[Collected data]
--------------------------------
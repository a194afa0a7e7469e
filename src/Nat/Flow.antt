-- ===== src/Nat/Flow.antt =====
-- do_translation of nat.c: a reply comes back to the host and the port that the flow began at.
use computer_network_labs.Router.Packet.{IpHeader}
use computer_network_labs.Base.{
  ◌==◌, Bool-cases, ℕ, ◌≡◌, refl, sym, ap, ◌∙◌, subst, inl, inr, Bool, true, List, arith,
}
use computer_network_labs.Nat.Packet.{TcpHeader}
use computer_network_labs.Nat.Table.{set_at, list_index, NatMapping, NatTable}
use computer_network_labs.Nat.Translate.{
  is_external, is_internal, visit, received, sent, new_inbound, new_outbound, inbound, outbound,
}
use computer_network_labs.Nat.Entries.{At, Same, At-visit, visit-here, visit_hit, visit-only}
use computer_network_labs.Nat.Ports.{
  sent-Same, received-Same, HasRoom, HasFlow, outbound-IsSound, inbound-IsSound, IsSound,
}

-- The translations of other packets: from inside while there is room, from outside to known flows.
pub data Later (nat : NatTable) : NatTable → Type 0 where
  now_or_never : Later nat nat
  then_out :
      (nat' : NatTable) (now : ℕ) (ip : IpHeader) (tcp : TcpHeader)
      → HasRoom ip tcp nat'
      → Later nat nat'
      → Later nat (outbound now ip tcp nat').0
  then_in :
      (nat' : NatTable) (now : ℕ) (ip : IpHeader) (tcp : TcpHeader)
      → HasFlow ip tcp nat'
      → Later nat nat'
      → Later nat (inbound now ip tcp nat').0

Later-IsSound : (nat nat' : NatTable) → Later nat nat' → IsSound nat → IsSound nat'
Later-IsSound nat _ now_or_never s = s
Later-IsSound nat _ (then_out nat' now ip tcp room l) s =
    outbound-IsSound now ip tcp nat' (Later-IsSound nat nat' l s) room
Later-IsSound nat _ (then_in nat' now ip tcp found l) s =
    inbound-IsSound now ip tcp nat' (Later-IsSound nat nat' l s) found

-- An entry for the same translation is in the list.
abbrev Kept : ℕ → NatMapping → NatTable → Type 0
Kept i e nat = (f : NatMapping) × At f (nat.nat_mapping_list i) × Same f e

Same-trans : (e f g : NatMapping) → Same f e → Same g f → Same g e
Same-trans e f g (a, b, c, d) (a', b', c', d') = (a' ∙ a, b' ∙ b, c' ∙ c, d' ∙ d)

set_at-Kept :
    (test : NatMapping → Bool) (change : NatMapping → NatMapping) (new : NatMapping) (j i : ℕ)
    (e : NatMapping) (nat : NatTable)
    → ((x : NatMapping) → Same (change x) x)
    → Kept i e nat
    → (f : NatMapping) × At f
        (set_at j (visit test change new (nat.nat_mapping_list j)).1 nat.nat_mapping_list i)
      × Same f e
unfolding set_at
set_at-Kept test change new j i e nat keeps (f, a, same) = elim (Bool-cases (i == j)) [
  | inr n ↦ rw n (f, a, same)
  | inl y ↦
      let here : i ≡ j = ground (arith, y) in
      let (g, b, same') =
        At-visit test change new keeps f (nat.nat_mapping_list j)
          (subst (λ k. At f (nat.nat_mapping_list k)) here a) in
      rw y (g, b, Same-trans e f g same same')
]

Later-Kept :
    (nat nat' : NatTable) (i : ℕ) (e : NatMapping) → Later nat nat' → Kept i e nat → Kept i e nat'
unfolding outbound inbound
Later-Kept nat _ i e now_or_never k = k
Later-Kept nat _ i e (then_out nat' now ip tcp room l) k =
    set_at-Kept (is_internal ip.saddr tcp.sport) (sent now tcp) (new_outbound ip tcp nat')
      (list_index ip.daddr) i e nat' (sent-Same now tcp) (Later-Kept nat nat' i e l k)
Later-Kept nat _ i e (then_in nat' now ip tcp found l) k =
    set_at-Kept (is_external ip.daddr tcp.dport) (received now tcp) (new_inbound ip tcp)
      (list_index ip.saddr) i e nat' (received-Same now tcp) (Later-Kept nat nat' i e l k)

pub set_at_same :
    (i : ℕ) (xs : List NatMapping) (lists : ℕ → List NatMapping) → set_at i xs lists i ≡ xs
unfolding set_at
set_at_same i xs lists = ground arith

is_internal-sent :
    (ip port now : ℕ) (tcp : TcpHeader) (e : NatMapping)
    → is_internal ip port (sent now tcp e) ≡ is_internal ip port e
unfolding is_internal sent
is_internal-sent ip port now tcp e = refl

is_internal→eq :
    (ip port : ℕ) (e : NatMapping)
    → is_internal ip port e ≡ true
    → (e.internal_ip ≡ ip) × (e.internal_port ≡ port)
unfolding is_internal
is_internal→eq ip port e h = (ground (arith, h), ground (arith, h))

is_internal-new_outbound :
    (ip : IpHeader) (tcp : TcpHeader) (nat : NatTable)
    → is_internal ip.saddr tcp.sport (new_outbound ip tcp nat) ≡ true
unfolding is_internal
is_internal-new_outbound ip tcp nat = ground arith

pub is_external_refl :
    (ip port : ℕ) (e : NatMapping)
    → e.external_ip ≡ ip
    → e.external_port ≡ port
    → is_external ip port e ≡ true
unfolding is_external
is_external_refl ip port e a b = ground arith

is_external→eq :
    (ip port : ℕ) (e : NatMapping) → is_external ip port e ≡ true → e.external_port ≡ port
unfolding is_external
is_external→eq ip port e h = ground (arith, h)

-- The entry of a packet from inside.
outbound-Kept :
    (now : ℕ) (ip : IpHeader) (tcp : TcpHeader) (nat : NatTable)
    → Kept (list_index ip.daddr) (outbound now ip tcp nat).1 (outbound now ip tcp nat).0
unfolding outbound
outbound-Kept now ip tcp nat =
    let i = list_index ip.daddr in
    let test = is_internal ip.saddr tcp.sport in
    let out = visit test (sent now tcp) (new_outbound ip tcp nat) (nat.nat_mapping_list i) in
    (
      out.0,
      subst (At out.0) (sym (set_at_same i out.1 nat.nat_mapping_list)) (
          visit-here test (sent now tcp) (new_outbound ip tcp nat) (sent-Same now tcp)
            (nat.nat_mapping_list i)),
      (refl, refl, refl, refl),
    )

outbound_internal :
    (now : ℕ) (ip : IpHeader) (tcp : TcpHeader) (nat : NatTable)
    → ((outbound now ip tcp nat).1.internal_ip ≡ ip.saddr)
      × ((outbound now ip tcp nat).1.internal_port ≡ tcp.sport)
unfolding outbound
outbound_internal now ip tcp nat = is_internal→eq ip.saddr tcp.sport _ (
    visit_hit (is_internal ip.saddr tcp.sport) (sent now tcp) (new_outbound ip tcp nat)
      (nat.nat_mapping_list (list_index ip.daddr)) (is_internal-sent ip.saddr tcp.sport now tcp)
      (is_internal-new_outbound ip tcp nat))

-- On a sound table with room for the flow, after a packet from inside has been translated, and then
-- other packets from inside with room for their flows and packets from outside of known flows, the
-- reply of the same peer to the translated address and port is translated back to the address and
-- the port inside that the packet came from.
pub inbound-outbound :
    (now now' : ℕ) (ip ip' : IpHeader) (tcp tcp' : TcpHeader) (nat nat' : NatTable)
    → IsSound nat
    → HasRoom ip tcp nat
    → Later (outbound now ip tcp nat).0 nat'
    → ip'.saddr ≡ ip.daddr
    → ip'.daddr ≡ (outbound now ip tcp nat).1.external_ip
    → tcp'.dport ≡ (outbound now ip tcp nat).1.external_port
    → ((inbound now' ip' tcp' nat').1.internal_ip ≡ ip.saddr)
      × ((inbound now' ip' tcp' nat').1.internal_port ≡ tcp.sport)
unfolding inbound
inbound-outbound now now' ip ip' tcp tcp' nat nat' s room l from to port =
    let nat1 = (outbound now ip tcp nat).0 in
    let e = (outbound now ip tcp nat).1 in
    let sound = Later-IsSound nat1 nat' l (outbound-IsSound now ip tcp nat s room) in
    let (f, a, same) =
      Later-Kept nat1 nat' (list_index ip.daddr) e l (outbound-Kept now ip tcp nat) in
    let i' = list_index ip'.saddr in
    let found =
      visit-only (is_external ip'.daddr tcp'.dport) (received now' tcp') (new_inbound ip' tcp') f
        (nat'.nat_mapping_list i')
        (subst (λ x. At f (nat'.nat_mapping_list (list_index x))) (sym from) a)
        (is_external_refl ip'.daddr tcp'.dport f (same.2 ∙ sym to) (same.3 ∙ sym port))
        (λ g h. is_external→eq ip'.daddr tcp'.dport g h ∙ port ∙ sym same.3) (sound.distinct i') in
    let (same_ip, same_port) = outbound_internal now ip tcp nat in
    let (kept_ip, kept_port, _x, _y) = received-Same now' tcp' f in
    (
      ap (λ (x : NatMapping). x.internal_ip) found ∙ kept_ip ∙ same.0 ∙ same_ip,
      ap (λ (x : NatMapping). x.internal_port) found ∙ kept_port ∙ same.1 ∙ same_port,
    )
--------------------------------
YOUR OBJECTIVE: All lines from the one containing "(nat'.nat_mapping_list i')" through the end of the records, both ends included, are to be quoted exactly; please add nothing else.

YOUR SOLUTION:
        (nat'.nat_mapping_list i')
        (subst (λ x. At f (nat'.nat_mapping_list (list_index x))) (sym from) a)
        (is_external_refl ip'.daddr tcp'.dport f (same.2 ∙ sym to) (same.3 ∙ sym port))
        (λ g h. is_external→eq ip'.daddr tcp'.dport g h ∙ port ∙ sym same.3) (sound.distinct i') in
    let (same_ip, same_port) = outbound_internal now ip tcp nat in
    let (kept_ip, kept_port, _x, _y) = received-Same now' tcp' f in
    (
      ap (λ (x : NatMapping). x.internal_ip) found ∙ kept_ip ∙ same.0 ∙ same_ip,
      ap (λ (x : NatMapping). x.internal_port) found ∙ kept_port ∙ same.1 ∙ same_port,
    )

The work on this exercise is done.